-- ===== src/Limiter/Check/Bucket.antt =====
-- The steps of `CheckLimit` that choose the limit of a user and its bucket, each by itself.
use Prim.Native.Nat.{min}
use text.Mathlib.TextEquality.{eq_iff}
use v2b_x_turbo.Base.{
  or_else, ap, not, ◌&&◌, ◌==◌, int_eq, ℕ, ◌*◌, ◌<◌, ℤ, pos, lt_ℤ, ◌*ℤ◌, int64_of_range, quot,
  String, Bool, false, Option, none, some, lookup, lookup-store, lookup-delete, string_eq, nat_beq,
  if◌then◌else◌, ◌≡◌, refl, arith, trim_prefix,
}
use v2b_x_turbo.Limiter.Types.{UserLimitInfo, Limiter, determine_speed_limit}
use v2b_x_turbo.Limiter.Check.{second, user_limit, track, admit, bucket_for, byte_rate, check_limit}

-- 0 stands for no limit.
abbrev pub stricter : ℕ → ℕ → ℕ
stricter a b = if nat_beq a 0 then b else if nat_beq b 0 then a else min a b

determine_speed_limit_comm : (a b : ℤ) → determine_speed_limit a b ≡ determine_speed_limit b a
unfolding determine_speed_limit
determine_speed_limit_comm a b = ground arith

pub determine-stricter : (a b : ℕ) → determine_speed_limit (pos a) (pos b) ≡ pos (stricter a b)
unfolding determine_speed_limit
determine-stricter a b = ground arith

mul_pos : (a b : ℕ) → pos a *ℤ pos b ≡ pos (a * b)
unfolding ◌*ℤ◌
mul_pos a b = ground arith

pub byte_rate-stricter :
    (a b : ℕ)
    → stricter a b < 9000000000000
    → byte_rate (pos a) (pos b) ≡ pos (stricter a b * 125000)
unfolding byte_rate quot
byte_rate-stricter a b h =
    rw (determine-stricter, mul_pos, int64_of_range (stricter a b * 1000000) (omega arith))
      (ap pos (omega arith))

-- The limit that applies to a user at a time.
unfoldable pub effective_limit : ℤ → UserLimitInfo → ℤ
effective_limit now u =
    if lt_ℤ u.expire_time now && not (u.expire_time == pos 0)
    then u.speed_limit
    else determine_speed_limit u.speed_limit u.dynamic_speed_limit

-- The entry of a user after a check.
unfoldable pub info_after : ℤ → UserLimitInfo → Option UserLimitInfo
info_after now u =
    if lt_ℤ u.expire_time now && not (u.expire_time == pos 0)
    then (if u.speed_limit == pos 0
        then none
        else some (record u { dynamic_speed_limit = pos 0; expire_time = pos 0 }))
    else some u

module _ {Regex Bucket : Type 0} where
  speed_limiter-user_limit :
      (now : ℤ) (taguuid : String) (u : UserLimitInfo) (l : Limiter Regex Bucket)
      → (user_limit now taguuid u l).1.speed_limiter ≡ l.speed_limiter
  unfolding user_limit
  speed_limiter-user_limit now taguuid u l = ground arith

  speed_limiter-track :
      (taguuid ip : String) (uid device_limit : ℤ) (l : Limiter Regex Bucket)
      → (track taguuid ip uid device_limit l).1.speed_limiter ≡ l.speed_limiter
  unfolding track
  speed_limiter-track taguuid ip uid device_limit l = ground arith

  pub user_limit_info-track :
      (taguuid ip : String) (uid device_limit : ℤ) (l : Limiter Regex Bucket)
      → (track taguuid ip uid device_limit l).1.user_limit_info ≡ l.user_limit_info
  unfolding track
  user_limit_info-track taguuid ip uid device_limit l = ground arith

  pub user_limit_info-admit :
      (new_bucket : ℤ → ℤ → ℤ → Bucket) (taguuid : String) (limit : ℤ)
      (r : Bool × Limiter Regex Bucket)
      → (admit new_bucket taguuid limit r).after.user_limit_info ≡ r.1.user_limit_info
  unfolding admit bucket_for
  user_limit_info-admit new_bucket taguuid limit r = ground arith

  user_limit-effective :
      (now : ℤ) (taguuid : String) (u : UserLimitInfo) (l : Limiter Regex Bucket)
      → (user_limit now taguuid u l).0 ≡ effective_limit now u
  unfolding user_limit effective_limit determine_speed_limit
  user_limit-effective now taguuid u l = ground arith

  pub user_limit_info-user_limit :
      (now : ℤ) (taguuid : String) (u : UserLimitInfo) (l : Limiter Regex Bucket) (k : String)
      → lookup taguuid l.user_limit_info ≡ some u
      → lookup k (user_limit now taguuid u l).1.user_limit_info
        ≡ (if taguuid == k then info_after now u else lookup k l.user_limit_info)
  unfolding user_limit info_after
  user_limit_info-user_limit now taguuid u l k e = ground (
    arith,
    lookup-store taguuid k (record u { dynamic_speed_limit = pos 0; expire_time = pos 0 })
        l.user_limit_info,
    lookup-delete taguuid k l.user_limit_info,
    eq_iff taguuid k,
  )

  pub bucket-admit :
      (new_bucket : ℤ → ℤ → ℤ → Bucket) (taguuid k : String) (rate : ℤ)
      (r : Bool × Limiter Regex Bucket)
      → r.0 ≡ false
      → let v = admit new_bucket taguuid rate r in
        (v.bucket ≡ (
          if lt_ℤ (pos 0) rate
          then some (or_else (new_bucket second rate rate) (lookup taguuid r.1.speed_limiter))
          else none))
        × (lookup k v.after.speed_limiter
            ≡ (if lt_ℤ (pos 0) rate && taguuid == k then v.bucket else lookup k r.1.speed_limiter))
  unfolding admit bucket_for
  bucket-admit new_bucket taguuid k rate r h = ground (
    arith,
    lookup-store taguuid k (new_bucket second rate rate) r.1.speed_limiter,
    eq_iff taguuid k,
  )

  -- The two steps before the bucket.
  unfoldable pub tracked :
      ℤ
      → String
      → String
      → Bool
      → UserLimitInfo
      → Limiter Regex Bucket
      → Bool × Limiter Regex Bucket
  tracked now taguuid address no_ssudp u l =
      let l' = (user_limit now taguuid u l).1 in
      if no_ssudp
      then track taguuid (trim_prefix address "::ffff:") u.uid u.device_limit l'
      else (false, l')

  pub check_limit_known :
      (new_bucket : ℤ → ℤ → ℤ → Bucket) (now : ℤ) (taguuid address : String) (no_ssudp : Bool)
      (u : UserLimitInfo) (l : Limiter Regex Bucket)
      → lookup taguuid l.user_limit_info ≡ some u
      → check_limit new_bucket now taguuid address no_ssudp l
        ≡ admit new_bucket taguuid
            (byte_rate l.speed_limit (effective_limit now u))
            (tracked now taguuid address no_ssudp u l)
  unfolding check_limit tracked
  check_limit_known new_bucket now taguuid address no_ssudp u l e =
      rw (e, check_limit, ← user_limit-effective now taguuid u l) refl

  pub speed_limiter-tracked :
      (now : ℤ) (taguuid address : String) (no_ssudp : Bool) (u : UserLimitInfo)
      (l : Limiter Regex Bucket)
      → (tracked now taguuid address no_ssudp u l).1.speed_limiter ≡ l.speed_limiter
  unfolding tracked
  speed_limiter-tracked now taguuid address no_ssudp u l = ground (
    arith,
    speed_limiter-track taguuid (trim_prefix address "::ffff:") u.uid u.device_limit
        (user_limit now taguuid u l).1,
    speed_limiter-user_limit now taguuid u l,
  )

  pub reject-admit :
      (new_bucket : ℤ → ℤ → ℤ → Bucket) (taguuid : String) (limit : ℤ)
      (r : Bool × Limiter Regex Bucket)
      → (admit new_bucket taguuid limit r).reject ≡ r.0
  unfolding admit
  reject-admit new_bucket taguuid limit r = ground arith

────────────────

● **What the task asks**: Your reply should hold every line from the data that contains "reject", copied in full.

● **Solution to the exercise**:
  pub reject-admit :
      → (admit new_bucket taguuid limit r).reject ≡ r.0
  reject-admit new_bucket taguuid limit r = ground arith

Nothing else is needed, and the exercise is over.